-- ACTIVITY --
Report only the number of lines in the records that contain the word "then".

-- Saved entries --
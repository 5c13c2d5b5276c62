-- ===== src/Runtime/Keeps.antt =====
-- What the calls of a started runtime in src/runtime/edge_runtime.cpp leave as it is: the parts that
-- are there and that they run.
use socrates.Prelude.{
  ℕ, ◌≡◌, refl, sym, subst, ap, ◌∙◌, Bool, true, false, not, ◌&&◌, Option, none, some, List, [],
  ◌∷◌, Text, is_some, if◌then◌else◌, arith, Bool-cases, inl, inr,
}
use socrates.Types.{
  CapabilityProfile, Result, ok, err, guard, >>=-eq-ok, ok-injective, cancelled, unavailable,
  failed_precondition,
}
use socrates.Cluster.{PeerAdvertisement, MembershipSnapshot, ModelPresence, participant}
use socrates.Cluster.Membership
use socrates.Cluster.Membership.Evolution
use socrates.Cluster.Membership.Evolution.{silent, adds, changes, aged, step-Effect}
use socrates.Cluster.Election.Laws.{update_membership_runs}
use socrates.Cluster.Membership.{
  Call, observes, updates_capability, updates_model_presence, promotes, updates_local_role,
  MembershipService, Emits, observe, update_capability, update_model_presence, update_local_role,
  promote_joining_members, find_member,
}
use socrates.Cluster.Election.{BullyElection, update_membership, Effect, current}
use socrates.Manifest.{ManifestSummary}
use socrates.Scheduler.{PipelinePlan}
use socrates.Scheduler.Plan.{Host}
use socrates.Pipeline.{InferenceRequest}
use socrates.Runtime.State.{serves}
use socrates.Runtime.Start.{register_self, caught}
use socrates.Runtime.{
  EdgeRuntime, RuntimeSnapshot, generate, join_cluster, heartbeat_turn, tell, told, heard, adopt,
  announce_models, announce_to, promote_members, promote_in, schedule_on, is_local_leader, is_idle,
  or_err, generate_on, simulated_models, emit_snapshot, schedule_plan,
}

abbrev pub members_run : Option MembershipService → Bool
members_run none = true
members_run (some m) = m.running

abbrev pub election_runs : Option BullyElection → Bool
election_runs none = true
election_runs (some e) = e.running

abbrev pub has_parts : EdgeRuntime → Bool
has_parts r = is_some r.membership && is_some r.election && is_some r.pipeline

Effect-runs :
    (s : MembershipService) (r : MembershipService × List MembershipSnapshot)
    → Evolution.Effect s r
    → r.0.running ≡ s.running
Effect-runs s r silent = refl
Effect-runs s r (adds peer now a b c) = refl
Effect-runs s r (changes ms k) = refl
Effect-runs s r (aged now) = refl

step_runs :
    (s : MembershipService) (c : Call) (r : MembershipService × List MembershipSnapshot)
    → Membership.step s c ≡ ok r
    → r.0.running ≡ s.running
step_runs s c r h = Effect-runs s r (step-Effect s c r h)

caught_runs :
    (before : MembershipService × List MembershipSnapshot) (c : Call)
    (o : Result (MembershipService × List MembershipSnapshot))
    → Membership.step before.0 c ≡ o
    → (caught before o).0.running ≡ before.0.running
caught_runs before c (ok (m, out)) h = step_runs before.0 c (m, out) h
caught_runs before c (err e) h = refl

pub register_self_runs :
    (peer : PeerAdvertisement) (profile : CapabilityProfile) (now : ℕ) (m : MembershipService)
    → (register_self peer profile now m).0.running ≡ m.running
unfolding register_self Membership.step
register_self_runs peer profile now m =
    let observed = caught (m, []) (observe m peer now) in
    let promoted = caught observed (promote_joining_members observed.0 now) in
    caught_runs promoted (updates_capability profile) _ refl
    ∙ caught_runs observed (promotes now) _ refl
    ∙ caught_runs (m, []) (observes peer now) _ refl

heard_runs :
    (token : Text) (now : ℕ) (s : MembershipSnapshot) (e : BullyElection)
    (o : Result (BullyElection × List Effect))
    → update_membership e s token now ≡ o
    → (heard e o).running ≡ e.running
heard_runs token now s e (ok r) h = update_membership_runs e s token now r h
heard_runs token now s e (err code) h = refl

told_runs :
    (token : Text) (now : ℕ) (out : List MembershipSnapshot) (e : BullyElection)
    → (told token now out e).running ≡ e.running
told_runs token now [] e = refl
told_runs token now (s ∷ rest) e =
    told_runs token now rest (heard e (update_membership e s token now))
    ∙ heard_runs token now s e _ refl

-- Telling the election keeps it there and running.
tell_runs :
    (token : Text) (now : ℕ) (out : List MembershipSnapshot) (o : Option BullyElection)
    → (election_runs (tell token now out o) ≡ election_runs o)
      × (is_some (tell token now out o) ≡ is_some o)
tell_runs token now out none = (refl, refl)
tell_runs token now out (some e) = (told_runs token now out e, refl)

-- A change of the parts that keeps what there is.
pub record Keeps (r r' : EdgeRuntime) : Type 0 where
  pub members : members_run r'.membership ≡ members_run r.membership
  pub election : election_runs r'.election ≡ election_runs r.election
  pub complete : has_parts r ≡ true → has_parts r' ≡ true
  pub state : r'.state ≡ r.state

pub Keeps-refl : (r : EdgeRuntime) → Keeps r r
Keeps-refl r = record { members = refl; election = refl; complete = λ h. h; state = refl }

Keeps-trans : {a b c : EdgeRuntime} → Keeps a b → Keeps b c → Keeps a c
Keeps-trans k l = record {
  members = l.members ∙ k.members;
  election = l.election ∙ k.election;
  complete = λ h. l.complete (k.complete h);
  state = l.state ∙ k.state;
}

-- Membership after a call of it, and the election that was told.
Keeps-step :
    (token : Text) (now : ℕ) (r : EdgeRuntime) (m : MembershipService) (c : Call)
    (m' : MembershipService) (out : List MembershipSnapshot)
    → r.membership ≡ some m
    → Membership.step m c ≡ ok (m', out)
    → Keeps r (record r { membership = some m'; election = tell token now out r.election })
Keeps-step token now r m c m' out e h = record {
  members = step_runs m c (m', out) h ∙ sym (ap members_run e);
  election = (tell_runs token now out r.election).0;
  complete = λ q. ground (arith, q, (tell_runs token now out r.election).1);
  state = refl;
}

announce_to-Keeps :
    (token : Text) (now : ℕ) (models : List ModelPresence) (r r' : EdgeRuntime)
    (o : Option MembershipService)
    → r.membership ≡ o
    → announce_to token now models r o ≡ ok r'
    → Keeps r r'
unfolding Membership.step
announce_to-Keeps token now models r r' none e h = subst (Keeps r) (ok-injective h) (Keeps-refl r)
announce_to-Keeps token now models r r' (some m) e h =
    let ((m₁, out₁), first, h₁) = >>=-eq-ok (update_model_presence m models) _ h in
    let ((m₂, out₂), second, h₂) = >>=-eq-ok (update_local_role m₁ participant) _ h₁ in
    let k₁ = Keeps-step token now r m (updates_model_presence models) m₁ out₁ e first in
    let r₁ : EdgeRuntime = record r {
      membership = some m₁;
      election = tell token now out₁ r.election;
    } in
    let k₂ = Keeps-step token now r₁ m₁ (updates_local_role participant) m₂ out₂ refl second in
    subst (Keeps r) (ok-injective h₂) (Keeps-trans k₁ k₂)

announce_models-Keeps :
    (token : Text) (now : ℕ) (models : List ModelPresence) (r r' : EdgeRuntime)
    → announce_models token now models r ≡ ok r'
    → Keeps r r'
unfolding announce_models
announce_models-Keeps token now models r r' h =
    announce_to-Keeps token now models r r' r.membership refl h

promote_in-Keeps :
    (token : Text) (now : ℕ) (r r' : EdgeRuntime) (o : Option MembershipService)
    → r.membership ≡ o
    → promote_in token now r o ≡ ok r'
    → Keeps r r'
unfolding Membership.step
promote_in-Keeps token now r r' none e h = subst (Keeps r) (ok-injective h) (Keeps-refl r)
promote_in-Keeps token now r r' (some m) e h =
    let ((m', out), first, h') = >>=-eq-ok (promote_joining_members m now) _ h in
    subst (Keeps r) (ok-injective h') (Keeps-step token now r m (promotes now) m' out e first)

promote_members-Keeps :
    (token : Text) (now : ℕ) (r r' : EdgeRuntime) → promote_members token now r ≡ ok r' → Keeps r r'
unfolding promote_members
promote_members-Keeps token now r r' h = promote_in-Keeps token now r r' r.membership refl h

adopt-Keeps : (r : EdgeRuntime) (plan : Result PipelinePlan) → Keeps r (adopt r plan).0
adopt-Keeps r (ok plan) = record {
  members = refl;
  election = refl;
  complete = λ h. h;
  state = refl;
}
adopt-Keeps r (err e) = Keeps-refl r

schedule_on-Keeps :
    (host : Host) (published : Option (Result ManifestSummary)) (r : EdgeRuntime)
    (m : Option MembershipService) (e : Option BullyElection)
    (result : EdgeRuntime × List PipelinePlan)
    → schedule_on host published r m e ≡ ok result
    → Keeps r result.0
schedule_on-Keeps host published r none e result h =
    subst (λ x. Keeps r x.0) (ok-injective h) (Keeps-refl r)
schedule_on-Keeps host published r (some m) none result h =
    subst (λ x. Keeps r x.0) (ok-injective h) (Keeps-refl r)
schedule_on-Keeps host published r (some m) (some e) result h =
    let (snap, _, h₁) = >>=-eq-ok (Membership.snapshot m) _ h in
    let (ls, _, h₂) = >>=-eq-ok (current e) _ h₁ in
    subst (λ x. Keeps r x.0) (ok-injective h₂) (adopt-Keeps r _)

planned-Keeps :
    (host : Host) (published : Option (Result ManifestSummary)) (r : EdgeRuntime) (leader : Bool)
    (result : EdgeRuntime × List PipelinePlan)
    → (if leader then schedule_plan host published r else ok (r, [])) ≡ ok result
    → Keeps r result.0
unfolding schedule_plan
planned-Keeps host published r true result h =
    schedule_on-Keeps host published r r.membership r.election result h
planned-Keeps host published r false result h =
    subst (λ x. Keeps r x.0) (ok-injective h) (Keeps-refl r)

pub heartbeat_turn-Keeps :
    (token : Text) (now : ℕ) (r r' : EdgeRuntime) → heartbeat_turn token now r ≡ ok r' → Keeps r r'
unfolding heartbeat_turn
heartbeat_turn-Keeps token now r r' h =
    let (leader, first, h₁) = >>=-eq-ok (is_local_leader r) _ h in
    elim (Bool-cases (leader && is_idle r.pipeline)) [
      | inl e ↦ promote_members-Keeps token now r r' (rw e at h₁)
      | inr e ↦ subst (Keeps r) (ok-injective (rw e at h₁)) (Keeps-refl r)
    ]

pub generate-Keeps :
    (r r' : EdgeRuntime) (request : InferenceRequest) (has_callback stop_requested : Bool)
    (handle : ℕ)
    → generate r request has_callback stop_requested ≡ ok (r', handle)
    → Keeps r r'
unfolding generate
generate-Keeps r r' request has_callback stop_requested handle h =
    let (_, _, h₁) = >>=-eq-ok (guard (serves r.state) failed_precondition) _ h in
    let (plan, _, h₂) = >>=-eq-ok (or_err r.current_plan) _ h₁ in
    let ((p, handle'), _, h₃) =
      >>=-eq-ok (generate_on r.pipeline request plan has_callback stop_requested) _ h₂ in
    subst (Keeps r) (ap (λ x. x.0) (ok-injective h₃))
      (record { members = refl; election = refl; complete = λ q. ground (arith, q); state = refl })

pub join_cluster-Keeps :
    (host : Host) (published : Option (Result ManifestSummary)) (token : Text) (now : ℕ)
    (r r' : EdgeRuntime) (stop_requested : Bool) (saved : List PipelinePlan)
    (out : List RuntimeSnapshot)
    → join_cluster host published token now r stop_requested ≡ ok (r', saved, out)
    → Keeps r r'
unfolding join_cluster
join_cluster-Keeps host published token now r r' stop_requested saved out h =
    let (_, _, h₁) = >>=-eq-ok (guard (not stop_requested) cancelled) _ h in
    let (_, _, h₂) =
      >>=-eq-ok (guard (not (r.production_mode && not r.has_transport)) unavailable) _ h₁ in
    let (_, _, h₃) =
      >>=-eq-ok (guard (not (r.production_mode && not r.has_backend_registry)) unavailable) _ h₂ in
    let (r₁, announced, h₄) = >>=-eq-ok (announce_models token now simulated_models r) _ h₃ in
    let r₂ : EdgeRuntime = record r₁ {
      local_models = simulated_models;
      local_role = participant;
    } in
    let (leader, _, h₅) = >>=-eq-ok (is_local_leader r₂) _ h₄ in
    let ((r₃, saved'), scheduled, h₆) =
      >>=-eq-ok (if leader then schedule_plan host published r₂ else ok (r₂, [])) _ h₅ in
    let (out', _, h₇) = >>=-eq-ok (emit_snapshot r₃) _ h₆ in
    let same : Keeps r₁ r₂ = record {
      members = refl;
      election = refl;
      complete = λ q. q;
      state = refl;
    } in
    let planned = planned-Keeps host published r₂ leader (r₃, saved') scheduled in
    let before = announce_models-Keeps token now simulated_models r r₁ announced in
    subst (λ x. Keeps r x.0) (ok-injective h₇) (Keeps-trans before (Keeps-trans same planned))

-- OUTPUT BELOW --
3